The Dead Fly, the Charlatan & the Magician – Part I
When I was six or so growing up in Tennessee, my older brother and I and a couple of other neighborhood kids were invited by a fourteen-year-old to come over to his house and see something really “neat.” This was in the mid-50’s.
The older boy had a little chemistry laboratory on the workbench in his basement and had gathered us to witness an “experiment.”
He showed us a little tube of a white powder which he said he had “created.”
He wanted to find a way to keep people young, and this was his secret formula.
He went to the window seal and picked up a dead fly. He brought it over to the workbench and laid it on the surface. He covered it gently with the crystallized powder, and we all waited.
After a minute or two, nothing happened. He took a pencil and pushed away some of the powder, and suddenly there was movement! The fly stumbled out and walked around in a dizzy circle. Then he dusted himself off and flew away!
We were all dumbfounded and shaken. I don’t think I ever talked about this experience with anyone until years later, after I found out how I had been taken.
That fourteen-year-old was a charlatan and a trickster. I was a sucker. Fell for it completely.
I thought about the experience often. It was the source of much wonder and inductive thought.
What if we could bring the dead back to life? What would that mean? What if people could live forever?
What would it mean to discover something like that?
Could a kid have done that? Could I do something like that?
It was as if I had been in a fantasy story, like a Twilight Zone episode, but the memory of the whole thing was real. I even sometimes assumed I had dreamed it.
When I became a magician, and learned the secret from an old Blackstone book for kids, I wasn’t disappointed so much as relieved and excited. The Great Blackstone said he thought it was the best magic trick in the world.
Now I had to reconsider my older neighbor and what he had been up to—he wasn’t the genius that I thought, but what he did was so wicked and delightful.
What an interesting thing to do. He created a totally fake story, put us in it, and left us with it. He didn’t have any other motivation than to create an experience for us for the fun of it. I don’t remember much ever even talking to him again after that incident.
Was this experience good or bad? Is it art?
When magic tends toward charlatanry–when it is presented seriously and without disclaimers–it seems that the dilemma is weakened. The audience may be convinced that the impossible has actually happened, and that what they know to be true about the world was wrong.
It seems unfriendly and wrong to do this to anyone, even if the intent is not to obtain other reward than fee for a performance. It doesn’t seem like it could be art, because the purpose is not truth through illusion, but to create a lie that the illusion is true.
On the other hand, perhaps we can trust the dilemma to the society at large. The challenge of approaching charlatanry in our magic is that it provokes the exposer.
The Uri Geller type of phenomena seems to demand a response from someone like Randi that tries to expose it. The dilemma arises because the fraud is challenged. The debate within the society provokes the discussion and the dialogue.

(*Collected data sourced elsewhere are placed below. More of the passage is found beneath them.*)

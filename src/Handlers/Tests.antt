-- ===== src/Handlers/Tests.antt =====
-- The failover loop and its parts at concrete inputs.
use droid_proxy.Prelude.{
  All, ℕ, zero, suc, ◌≤◌, ◌<◌, ◌≡◌, refl, Bool, true, false, Option, none, some, List, [], ◌∷◌,
  String, arith,
}
use droid_proxy.Prelude.Numbers.{unix}
use droid_proxy.Prelude.Maps.{string_eq, lookup}
use droid_proxy.Prelude.Texts.{trim_space}
use droid_proxy.Samples.{
  token_of, round_of, response_of, plain_go, plain_json, two_tokens, round_robin_config, noon,
  path_a, limited_then_fine, plain_request, mixed_payload, half_used,
}
use droid_proxy.OAuth.Quota.{CodexQuota, merge_codex_quota, exhausted_window_reset_at}
use droid_proxy.OAuth.Pool.{AccountPool, new_account_pool}
use droid_proxy.OAuth.Pool.Leases.{in_flight_of, IsAccounted}
use droid_proxy.OAuth.Pool.Traces.{Run, new_account_pool-IsAccounted}
use droid_proxy.Handlers.Cooldown.{
  get_header, Gjson, parse_codex_usage_limit_reset, codex_rate_limit_cooldown, retry_after_time,
}
use droid_proxy.Handlers.Cooldown.Future.{some_seconds, codex_rate_limit_cooldown_future}
use droid_proxy.Handlers.Payload.{Payload, strip_reasoning_input_items}
use droid_proxy.Handlers.Exchange.{
  Round, Moment, Reply, answers, no_eligible_accounts, Failover, Request, coalesce,
}
use droid_proxy.Handlers.SingleToken.{Turn, Single, capacity_retry_max_delay, request_single_token}
use droid_proxy.Handlers.SingleToken.Retries.{requests, request_single_token_bounded}
use droid_proxy.Handlers.Failover.{responses_via_codex_failover, entering}
use droid_proxy.Handlers.Failover.Leases.{failover-Run, failover-in_flight}
use droid_proxy.Handlers.Failover.Budget.{sends}
use droid_proxy.Handlers.Failover.Bounds.{
  responses_via_codex_failover_total, no_eligible_accounts-sends,
}
use droid_proxy.Handlers.Failover.Refreshes.{refreshes, refreshes_le}
use droid_proxy.Handlers.Failover.Telemetry.{record_each, IsSameUsage, record_each-coalesce}
use droid_proxy.OAuth.Quota.Usage.{with_usage}

abbrev pool : AccountPool
pool =
    new_account_pool plain_go true noon (λ path. noon) two_tokens round_robin_config none (λ i n. 0)

abbrev empty_pool : AccountPool
empty_pool =
    new_account_pool plain_go true noon (λ path. noon) [] round_robin_config none (λ i n. 0)

pool-IsAccounted : IsAccounted pool []
pool-IsAccounted = new_account_pool-IsAccounted plain_go true noon _ two_tokens _ none _

abbrev reply_of : Option (Reply × Failover) → Option Reply
reply_of none = none
reply_of (some (reply, t)) = some reply

-- The first account is rate-limited, and the second answers.
test_failover :
    reply_of (
      responses_via_codex_failover plain_go plain_json plain_request limited_then_fine mixed_payload
        pool)
    ≡ some (answers "done")
unfolding responses_via_codex_failover droid_proxy.Handlers.Failover.loop
    droid_proxy.Handlers.Failover.round droid_proxy.OAuth.Pool.select
    droid_proxy.OAuth.Pool.select_from droid_proxy.OAuth.Pool.pinned
    droid_proxy.Prelude.Texts.is_blank droid_proxy.Prelude.Texts.trim_space
    droid_proxy.OAuth.Pool.eligible droid_proxy.Prelude.Sort.sort new_account_pool
    droid_proxy.OAuth.Pool.prune_affinity droid_proxy.OAuth.Pool.seed
    droid_proxy.OAuth.Account.token_provider droid_proxy.Prelude.GoLibrary.to_lower
    droid_proxy.Prelude.Maps.insert droid_proxy.OAuth.Account.is_eligible
    droid_proxy.OAuth.Account.account_ineligible_reasons droid_proxy.OAuth.Account.entry_from_token
    droid_proxy.OAuth.Account.apply_persisted_rate_limit
    droid_proxy.OAuth.Account.persisted_rate_limit_until exhausted_window_reset_at
    droid_proxy.OAuth.Quota.has_exhausted_window droid_proxy.OAuth.Account.is_excluded
    droid_proxy.OAuth.Account.expiry droid_proxy.OAuth.Account.by_label
    droid_proxy.OAuth.Account.safe_selector_label droid_proxy.Prelude.Texts.str_ltb
    droid_proxy.OAuth.Selector.choose droid_proxy.OAuth.Selector.filter_eligible_by_soft_cap
    droid_proxy.OAuth.Selector.new_selector droid_proxy.OAuth.Selector.normalize_strategy
    droid_proxy.OAuth.Pool.begin lookup droid_proxy.Handlers.Cooldown.add_seconds
    codex_rate_limit_cooldown droid_proxy.Handlers.Cooldown.get_header parse_codex_usage_limit_reset
    retry_after_time coalesce droid_proxy.Handlers.Exchange.is_retryable_codex_status
    droid_proxy.Handlers.Exchange.release droid_proxy.Handlers.Failover.answered
    droid_proxy.Handlers.Failover.attempt_on droid_proxy.Handlers.Failover.codex_auth_replay
    droid_proxy.Handlers.Failover.exhausted droid_proxy.Handlers.Failover.limited_until
    droid_proxy.Handlers.Failover.rate_limited droid_proxy.Handlers.Failover.rejected
    droid_proxy.Handlers.Failover.succeed droid_proxy.Handlers.Failover.unauthorized
    droid_proxy.Handlers.Payload.reasoning_strip_retry_eligible strip_reasoning_input_items
    droid_proxy.OAuth.Account.matches_account droid_proxy.OAuth.Account.parse_rate_limit_reset_at
    droid_proxy.OAuth.Affinity.bind droid_proxy.OAuth.Affinity.bound_path
    droid_proxy.OAuth.Affinity.enforce_max droid_proxy.OAuth.Affinity.erase_first
    droid_proxy.OAuth.Affinity.is_kept droid_proxy.OAuth.Affinity.is_stale
    droid_proxy.OAuth.Affinity.normalize_affinity_id droid_proxy.OAuth.Affinity.prune
    droid_proxy.OAuth.Affinity.save droid_proxy.OAuth.Affinity.unbind
    droid_proxy.OAuth.Pool.bind_conversation droid_proxy.OAuth.Pool.clear_conversation
    droid_proxy.OAuth.Pool.enabled_codex_count droid_proxy.OAuth.Pool.end
    droid_proxy.OAuth.Pool.mark_cooldown droid_proxy.OAuth.Pool.mark_rate_limited
    droid_proxy.OAuth.Pool.mark_unhealthy droid_proxy.OAuth.Pool.modify
    droid_proxy.OAuth.Pool.select_sticky droid_proxy.OAuth.Quota.max_agent_used_percent
    merge_codex_quota droid_proxy.OAuth.Selector.by_quota droid_proxy.OAuth.Selector.fewest
    droid_proxy.OAuth.Selector.is_under droid_proxy.OAuth.Selector.pick_by_quota
    droid_proxy.Prelude.Maps.erase unix droid_proxy.Prelude.Sort.place
    droid_proxy.Prelude.Texts.base droid_proxy.Prelude.Texts.contains
    droid_proxy.Prelude.Texts.equal_fold droid_proxy.Prelude.Texts.ext
    droid_proxy.Prelude.Texts.trim_suffix
test_failover = refl

-- An account that is not authorized is refreshed by force, and the replay answers.
test_replay :
    reply_of (
      responses_via_codex_failover plain_go plain_json plain_request
        (λ i. round_of 401 "no")
        mixed_payload
        pool)
    ≡ some (answers "replayed")
unfolding responses_via_codex_failover droid_proxy.Handlers.Failover.loop
    droid_proxy.Handlers.Failover.round droid_proxy.OAuth.Pool.select
    droid_proxy.OAuth.Pool.select_from droid_proxy.OAuth.Pool.pinned
    droid_proxy.Prelude.Texts.is_blank droid_proxy.Prelude.Texts.trim_space
    droid_proxy.OAuth.Pool.eligible droid_proxy.Prelude.Sort.sort new_account_pool
    droid_proxy.OAuth.Pool.prune_affinity droid_proxy.OAuth.Pool.seed
    droid_proxy.OAuth.Account.token_provider droid_proxy.Prelude.GoLibrary.to_lower
    droid_proxy.Prelude.Maps.insert droid_proxy.OAuth.Account.is_eligible
    droid_proxy.OAuth.Account.account_ineligible_reasons droid_proxy.OAuth.Account.entry_from_token
    droid_proxy.OAuth.Account.apply_persisted_rate_limit
    droid_proxy.OAuth.Account.persisted_rate_limit_until exhausted_window_reset_at
    droid_proxy.OAuth.Quota.has_exhausted_window droid_proxy.OAuth.Account.is_excluded
    droid_proxy.OAuth.Account.expiry droid_proxy.OAuth.Account.by_label
    droid_proxy.OAuth.Account.safe_selector_label droid_proxy.Prelude.Texts.str_ltb
    droid_proxy.OAuth.Selector.choose droid_proxy.OAuth.Selector.filter_eligible_by_soft_cap
    droid_proxy.OAuth.Selector.new_selector droid_proxy.OAuth.Selector.normalize_strategy
    droid_proxy.OAuth.Pool.begin lookup droid_proxy.Handlers.Cooldown.add_seconds
    codex_rate_limit_cooldown droid_proxy.Handlers.Cooldown.get_header parse_codex_usage_limit_reset
    retry_after_time coalesce droid_proxy.Handlers.Exchange.is_retryable_codex_status
    droid_proxy.Handlers.Exchange.release droid_proxy.Handlers.Failover.answered
    droid_proxy.Handlers.Failover.attempt_on droid_proxy.Handlers.Failover.codex_auth_replay
    droid_proxy.Handlers.Failover.exhausted droid_proxy.Handlers.Failover.limited_until
    droid_proxy.Handlers.Failover.rate_limited droid_proxy.Handlers.Failover.rejected
    droid_proxy.Handlers.Failover.succeed droid_proxy.Handlers.Failover.unauthorized
    droid_proxy.Handlers.Payload.reasoning_strip_retry_eligible strip_reasoning_input_items
    droid_proxy.OAuth.Account.matches_account droid_proxy.OAuth.Account.parse_rate_limit_reset_at
    droid_proxy.OAuth.Affinity.bind droid_proxy.OAuth.Affinity.bound_path
    droid_proxy.OAuth.Affinity.enforce_max droid_proxy.OAuth.Affinity.erase_first
    droid_proxy.OAuth.Affinity.is_kept droid_proxy.OAuth.Affinity.is_stale
    droid_proxy.OAuth.Affinity.normalize_affinity_id droid_proxy.OAuth.Affinity.prune
    droid_proxy.OAuth.Affinity.save droid_proxy.OAuth.Affinity.unbind
    droid_proxy.OAuth.Pool.bind_conversation droid_proxy.OAuth.Pool.clear_conversation
    droid_proxy.OAuth.Pool.enabled_codex_count droid_proxy.OAuth.Pool.end
    droid_proxy.OAuth.Pool.mark_cooldown droid_proxy.OAuth.Pool.mark_rate_limited
    droid_proxy.OAuth.Pool.mark_unhealthy droid_proxy.OAuth.Pool.modify
    droid_proxy.OAuth.Pool.select_sticky droid_proxy.OAuth.Quota.max_agent_used_percent
    merge_codex_quota droid_proxy.OAuth.Selector.by_quota droid_proxy.OAuth.Selector.fewest
    droid_proxy.OAuth.Selector.is_under droid_proxy.OAuth.Selector.pick_by_quota
    droid_proxy.Prelude.Maps.erase unix droid_proxy.Prelude.Sort.place
    droid_proxy.Prelude.Texts.base droid_proxy.Prelude.Texts.contains
    droid_proxy.Prelude.Texts.equal_fold droid_proxy.Prelude.Texts.ext
    droid_proxy.Prelude.Texts.trim_suffix
test_replay = refl

-- The result of that request.
finished : Reply × Failover
finished =
    (responses_via_codex_failover_total plain_go plain_json plain_request limited_then_fine
      mixed_payload pool).0

finished_lem :
    responses_via_codex_failover plain_go plain_json plain_request limited_then_fine mixed_payload
      pool
    ≡ some (finished.0, finished.1)
unfolding finished
finished_lem =
    (responses_via_codex_failover_total plain_go plain_json plain_request limited_then_fine
      mixed_payload pool).1

responses_via_codex_failover_total_example :
    (x : Reply × Failover) × (responses_via_codex_failover plain_go plain_json plain_request
        limited_then_fine mixed_payload pool
      ≡ some x)
responses_via_codex_failover_total_example =
    responses_via_codex_failover_total plain_go plain_json plain_request limited_then_fine
      mixed_payload pool

others_keep :
    (j : ℕ) (m : Moment) (p : AccountPool) (h : List String)
    → Run plain_go pool [] p h
    → Run plain_go pool [] ((limited_then_fine j).others m p) h
others_keep zero m p h r = r
others_keep (suc j) m p h r = r

failover-Run_example : Run plain_go pool [] finished.1.pool []
failover-Run_example =
    failover-Run plain_go plain_json plain_request limited_then_fine mixed_payload pool []
      others_keep finished_lem

failover-in_flight_example :
    in_flight_of (lookup path_a finished.1.pool.entries) ≡ in_flight_of (lookup path_a pool.entries)
failover-in_flight_example =
    failover-in_flight plain_go plain_json plain_request limited_then_fine mixed_payload pool []
      pool-IsAccounted others_keep finished_lem path_a

header_small :
    some_seconds
      (plain_go.atoi (trim_space (get_header "Retry-After" (("Retry-After", "120") ∷ []))))
    ≤ 9_223_372_036
unfolding get_header trim_space lookup
header_small = omega arith

codex_rate_limit_cooldown_future_example :
    1000 < codex_rate_limit_cooldown plain_go (("Retry-After", "120") ∷ []) none 60 1000
codex_rate_limit_cooldown_future_example =
    codex_rate_limit_cooldown_future plain_go (("Retry-After", "120") ∷ []) none 60 1000
      (omega arith) header_small

no_eligible_accounts-sends_example :
    sends (entering plain_go plain_json plain_request mixed_payload empty_pool) ≡ 0
unfolding responses_via_codex_failover droid_proxy.Handlers.Failover.loop
    droid_proxy.Handlers.Failover.round droid_proxy.OAuth.Pool.select
    droid_proxy.OAuth.Pool.select_from droid_proxy.OAuth.Pool.pinned
    droid_proxy.Prelude.Texts.is_blank droid_proxy.Prelude.Texts.trim_space
    droid_proxy.OAuth.Pool.eligible droid_proxy.Prelude.Sort.sort new_account_pool
    droid_proxy.OAuth.Pool.prune_affinity droid_proxy.OAuth.Pool.seed
    droid_proxy.Handlers.Failover.exhausted
no_eligible_accounts-sends_example =
    no_eligible_accounts-sends plain_go plain_json plain_request limited_then_fine mixed_payload
      empty_pool refl

record_each-coalesce_example :
    IsSameUsage
      (record_each (λ t. "later") noon (token_of path_a "a@x") half_used (half_used ∷ []))
      (with_usage
        (λ t. "later")
        (token_of path_a "a@x")
        path_a
        (coalesce none (half_used ∷ half_used ∷ []))
        none
        noon)
record_each-coalesce_example =
    record_each-coalesce (λ t. "later") noon (token_of path_a "a@x") half_used (half_used ∷ [])

-- An upstream that stays at capacity, and asks for two minutes.
abbrev busy_turn : Turn
busy_turn = record {
  now = noon;
  request_builds = true;
  response =
      some (record (response_of 503 "at capacity") { headers = ("Retry-After", "120") ∷ [] });
  woke = true;
  payload_written = true;
}

request_single_token_bounded_example :
    (x : Reply × Single) × (request_single_token plain_go false true path_a
        (λ i. busy_turn)
        mixed_payload
      ≡ some x)
    × (requests plain_go false true path_a x.1 ≤ 4)
    × All (λ w. w ≤ capacity_retry_max_delay) x.1.waits
request_single_token_bounded_example =
    request_single_token_bounded plain_go false true path_a (λ i. busy_turn) mixed_payload

-- The result of a request that is never authorized.
unauthorized_end : Reply × Failover
unauthorized_end =
    (responses_via_codex_failover_total plain_go plain_json plain_request (λ i. round_of 401 "no")
      mixed_payload pool).0

refreshes_le_example : refreshes path_a unauthorized_end.1 ≤ 1
unfolding unauthorized_end
refreshes_le_example =
    refreshes_le plain_go plain_json plain_request (λ i. round_of 401 "no") mixed_payload pool
      (responses_via_codex_failover_total plain_go plain_json plain_request (λ i. round_of 401 "no")
        mixed_payload pool).1
      path_a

In some ways, performance magic might be a corrective. When the society falls into superstition and error, we may need a magician that will challenge that and scoff at that–a Penn and Teller type presentation that mimics, unmasks and burlesques the charlatans.
When the society becomes too materialistic and sure of itself, it may need a Uri Geller or David Blaine.
It seems to me that magic that gets close to charlatanry can be artistic, if its goal is to prod and challenge the culture and its beliefs.